→ Work task:
In how many lines of the data does the word "unfoldable" appear? Give the number by itself.

→ Extracted records:
:::::
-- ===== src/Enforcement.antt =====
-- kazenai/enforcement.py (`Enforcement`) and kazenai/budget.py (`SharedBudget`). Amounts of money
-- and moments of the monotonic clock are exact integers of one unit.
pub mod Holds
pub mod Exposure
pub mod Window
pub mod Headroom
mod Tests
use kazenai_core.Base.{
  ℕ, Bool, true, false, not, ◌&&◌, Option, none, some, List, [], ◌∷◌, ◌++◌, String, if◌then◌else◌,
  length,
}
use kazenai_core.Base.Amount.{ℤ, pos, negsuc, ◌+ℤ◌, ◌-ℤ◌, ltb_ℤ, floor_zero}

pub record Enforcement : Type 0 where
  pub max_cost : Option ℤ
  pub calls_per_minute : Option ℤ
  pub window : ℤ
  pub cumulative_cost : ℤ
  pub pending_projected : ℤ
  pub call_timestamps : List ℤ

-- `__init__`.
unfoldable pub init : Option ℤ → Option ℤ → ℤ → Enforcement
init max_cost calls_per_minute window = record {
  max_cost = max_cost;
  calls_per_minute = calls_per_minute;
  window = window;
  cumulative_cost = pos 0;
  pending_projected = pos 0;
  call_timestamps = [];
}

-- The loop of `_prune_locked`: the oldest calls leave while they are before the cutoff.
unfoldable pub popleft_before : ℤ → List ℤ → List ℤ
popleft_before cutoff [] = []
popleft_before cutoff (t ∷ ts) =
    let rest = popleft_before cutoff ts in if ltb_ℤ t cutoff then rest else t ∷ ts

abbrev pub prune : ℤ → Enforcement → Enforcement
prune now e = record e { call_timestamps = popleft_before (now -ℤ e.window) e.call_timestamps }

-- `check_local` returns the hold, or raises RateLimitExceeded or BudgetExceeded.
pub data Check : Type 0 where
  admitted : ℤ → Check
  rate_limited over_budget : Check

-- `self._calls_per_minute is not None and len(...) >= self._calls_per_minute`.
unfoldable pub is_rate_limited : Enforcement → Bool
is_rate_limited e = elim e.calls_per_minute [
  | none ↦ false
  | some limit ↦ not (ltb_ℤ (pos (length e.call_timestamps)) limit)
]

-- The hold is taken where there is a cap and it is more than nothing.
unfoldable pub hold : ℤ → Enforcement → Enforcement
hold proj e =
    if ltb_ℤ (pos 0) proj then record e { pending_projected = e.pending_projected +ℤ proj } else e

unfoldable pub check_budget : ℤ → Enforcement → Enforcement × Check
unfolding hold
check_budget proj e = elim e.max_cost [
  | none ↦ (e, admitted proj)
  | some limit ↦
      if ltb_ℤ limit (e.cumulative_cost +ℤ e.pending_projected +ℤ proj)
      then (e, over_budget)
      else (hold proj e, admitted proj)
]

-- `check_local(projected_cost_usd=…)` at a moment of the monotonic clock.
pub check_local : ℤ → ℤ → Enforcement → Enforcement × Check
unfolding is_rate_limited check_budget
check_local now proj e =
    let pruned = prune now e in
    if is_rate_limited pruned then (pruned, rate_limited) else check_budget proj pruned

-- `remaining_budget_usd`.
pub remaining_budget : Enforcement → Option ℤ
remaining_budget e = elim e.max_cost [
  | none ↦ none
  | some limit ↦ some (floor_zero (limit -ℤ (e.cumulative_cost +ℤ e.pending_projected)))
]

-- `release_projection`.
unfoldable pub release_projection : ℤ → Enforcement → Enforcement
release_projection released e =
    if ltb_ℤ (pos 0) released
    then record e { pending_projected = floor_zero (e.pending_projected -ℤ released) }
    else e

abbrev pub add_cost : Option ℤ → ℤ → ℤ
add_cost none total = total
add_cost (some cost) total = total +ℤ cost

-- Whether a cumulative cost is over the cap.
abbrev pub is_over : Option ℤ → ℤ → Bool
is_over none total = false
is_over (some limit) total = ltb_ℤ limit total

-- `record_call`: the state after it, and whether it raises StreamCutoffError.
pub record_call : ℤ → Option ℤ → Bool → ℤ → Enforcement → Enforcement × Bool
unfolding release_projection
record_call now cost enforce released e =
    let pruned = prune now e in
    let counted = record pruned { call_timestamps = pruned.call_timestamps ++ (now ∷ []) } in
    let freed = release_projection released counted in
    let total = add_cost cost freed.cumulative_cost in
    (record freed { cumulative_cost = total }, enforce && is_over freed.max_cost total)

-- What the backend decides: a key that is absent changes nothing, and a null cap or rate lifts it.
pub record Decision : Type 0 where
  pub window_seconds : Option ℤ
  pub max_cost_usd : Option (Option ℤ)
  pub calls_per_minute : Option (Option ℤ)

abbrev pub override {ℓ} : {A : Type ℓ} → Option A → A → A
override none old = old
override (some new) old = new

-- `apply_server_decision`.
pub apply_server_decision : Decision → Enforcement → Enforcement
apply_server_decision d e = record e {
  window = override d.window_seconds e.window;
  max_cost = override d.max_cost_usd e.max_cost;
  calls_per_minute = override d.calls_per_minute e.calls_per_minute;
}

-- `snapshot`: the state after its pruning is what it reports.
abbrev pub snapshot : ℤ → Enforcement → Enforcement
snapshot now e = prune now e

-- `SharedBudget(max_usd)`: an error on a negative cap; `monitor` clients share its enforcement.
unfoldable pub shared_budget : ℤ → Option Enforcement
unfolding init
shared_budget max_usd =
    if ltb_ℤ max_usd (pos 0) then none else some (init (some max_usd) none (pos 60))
:::::
→ Output of the task:
7